Рассмотрение этой конкретной трилеммы предоставляет полезный аналитический инструмент для оценки развития мирового капитализма начиная с середины XIX века. Произошедший ранее этого времени, приблизительно в период между Вестфальским договором 1648 года и Венским договором 1815 года, подъем стран с экономикой торгового капитализма в Западной Европе предоставляет интересный набор экспериментов ведущих держав – Нидерландов, Соединенного Королевства и Франции – в различной степени сосредоточенных на фиксированных обменных курсах (Нидерланды), мобильности капитала (Соединенное Королевство) и независимой денежной политике (Франция) (Neal 2000). Стоит еще раз отметить, что урок долго длившейся конкуренции, прежде всего движимой необходимостью финансирования возраставших военных расходов в последовательных войнах с 1648 до 1815 год, заключался в том, что поддержание мобильности капитала, как установили британцы, было наиболее важным (см.: O’Брайен, глава 12).

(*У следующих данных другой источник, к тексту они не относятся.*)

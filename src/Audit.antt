-- ===== src/Audit.antt =====
-- src/mlcache/adaptive/audit_policy.py: `MarginBandAuditPolicy`. The generator of random numbers is
-- an argument with a state.

pub mod Channels
use mlcache.Prelude.{
  ℕ, zero, suc, ◌+◌, ◌-◌, ◌*◌, ◌%◌, ◌≤◌, ◌<◌, min, max, String, ◌≡◌, refl, sym, ap, ◌∙◌, subst, ◌≢◌,
  ◌↔◌, ◌⊎◌, inl, inr, ite, if_pos, if_neg, Bool, true, false, not, ◌&&◌, ◌||◌, Option, none, some,
  List, [], ◌∷◌, ◌++◌, map, arith, ltb, leb, ◌==◌, if◌then◌else◌, ltb→lt, leb→le, Bool-cases,
  Option-cases, is_some, if_true, if_false, str_dec, length, get_elem?, set, take, drop, count_if,
  All, get_elem?-some, get_elem?-All, length-append, length-drop, length-map, count_if-le,
  All-append, All-map, Error, Result, ok, raise, value_error, key_error, index_error, runtime_error,
}
use mlcache.Float.{FloatOps}

pub data AuditZone : Type 0 where
  safe_accept borderline_accept borderline_reject safe_reject : AuditZone

pub data AuditChannel : Type 0 where
  both control diagnostic nothing : AuditChannel

pub record MarginBandAuditConfig (F : Type 0) : Type 0 where
  pub accept_margin : F
  pub reject_margin : F
  pub p_control : F
  pub p_audit_safe_accept : F
  pub p_audit_borderline_accept : F
  pub p_audit_borderline_reject : F
  pub p_audit_safe_reject : F

pub record AuditDecision (F : Type 0) : Type 0 where
  pub zone : AuditZone
  pub control_audit : Bool
  pub diagnostic_audit : Bool
  pub p_control : F
  pub p_diagnostic : F

-- `random.Random`: the next number and the state after it.
pub record Random (F : Type 0) : Type 1 where
  pub State : Type 0
  pub random : State → F × State

module _ {F : Type 0} where
  abbrev pub judged : AuditDecision F → Bool
  judged d = d.control_audit || d.diagnostic_audit

  abbrev pub audit_channel : AuditDecision F → AuditChannel
  audit_channel d =
      if d.control_audit && d.diagnostic_audit
      then both
      else if d.control_audit
      then control
      else if d.diagnostic_audit
      then diagnostic
      else nothing

  -- `_p_diagnostic`
  abbrev pub p_diagnostic_of : MarginBandAuditConfig F → AuditZone → F
  p_diagnostic_of c safe_accept = c.p_audit_safe_accept
  p_diagnostic_of c borderline_accept = c.p_audit_borderline_accept
  p_diagnostic_of c borderline_reject = c.p_audit_borderline_reject
  p_diagnostic_of c safe_reject = c.p_audit_safe_reject

module _ {F : Type 0} ⦃fl : FloatOps F⦄ where
  abbrev pub audit_probability : AuditDecision F → F
  audit_probability d =
      fl.sub (fl.of_ℕ 1)
        (fl.mul (fl.sub (fl.of_ℕ 1) d.p_control) (fl.sub (fl.of_ℕ 1) d.p_diagnostic))

  abbrev pub is_probability : F → Bool
  is_probability v = fl.le (fl.of_ℕ 0) v && fl.le v (fl.of_ℕ 1)

  abbrev pub probabilities_ok : MarginBandAuditConfig F → Bool
  probabilities_ok c =
      is_probability c.p_control
      && (is_probability c.p_audit_safe_accept
          && (is_probability c.p_audit_borderline_accept
              && (is_probability c.p_audit_borderline_reject
                  && is_probability c.p_audit_safe_reject)))

  -- `__post_init__`
  unfoldable pub post_init : MarginBandAuditConfig F → Result (Unit {0})
  post_init c =
      if not (probabilities_ok c)
      then raise value_error
      else if fl.lt c.accept_margin (fl.of_ℕ 0) || fl.lt c.reject_margin (fl.of_ℕ 0)
      then raise value_error
      else ok tt

  abbrev pub zone_of_margin : MarginBandAuditConfig F → F → AuditZone
  zone_of_margin c margin =
      if fl.le c.accept_margin margin
      then safe_accept
      else if fl.le (fl.of_ℕ 0) margin
      then borderline_accept
      else if fl.le (fl.neg c.reject_margin) margin
      then borderline_reject
      else safe_reject

  unfoldable pub zone : MarginBandAuditConfig F → F → F → AuditZone
  zone c best_score tau = zone_of_margin c (fl.sub best_score tau)

  unfoldable pub decide :
      (g : Random F) → MarginBandAuditConfig F → F → F → g.State → AuditDecision F × g.State
  decide g c best_score tau r =
      let z = zone c best_score tau in
      let p_diag = p_diagnostic_of c z in
      let (a, r1) = g.random r in
      let (b, r2) = g.random r1 in
      (
        record {
          zone = z;
          control_audit = fl.lt a c.p_control;
          diagnostic_audit = fl.lt b p_diag;
          p_control = c.p_control;
          p_diagnostic = p_diag;
        },
        r2,
      )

Евсей Домар обозначил другую, более фундаментальную, трилемму в своей классической работе, выдвинув гипотезу о трех элементах аграрной структуры, которая предшествовала современной – свободная земля, свободные крестьяне и неработающие землевладельцы, – которые никогда не могли существовать одновременно. Для стабильной сельскохозяйственной экономики как минимум один из этих элементов должен быть удален. Оседлое сельское хозяйство периодически страдало от неожиданных набегов, и фермеры нуждались в военной защите, которая обычно обеспечивалась неработавшими землевладельцами. В этом случае приходилось жертвовать или свободной землей (Западная Европа) или свободой крестьян (Восточная Европа). Домар иллюстрирует свою гипотезу несколькими примерами, почерпнутыми из его глубокой начитанности в российской истории и появлявшейся литературы о прибыльности рабства на американском Юге. Неудача в возобновлении крепостничества в Британии и в Европе к западу от Эльбы после «черной смерти», которая изменила соотношение земли и труда в пользу закабаления, однако, остается вопросом, который Домар охотно передал историкам и политологам. Перссон в главе 9 и Сальвуччи в главе 13 данного тома вносят свой вклад в исследование других проявлений трилеммы Домара.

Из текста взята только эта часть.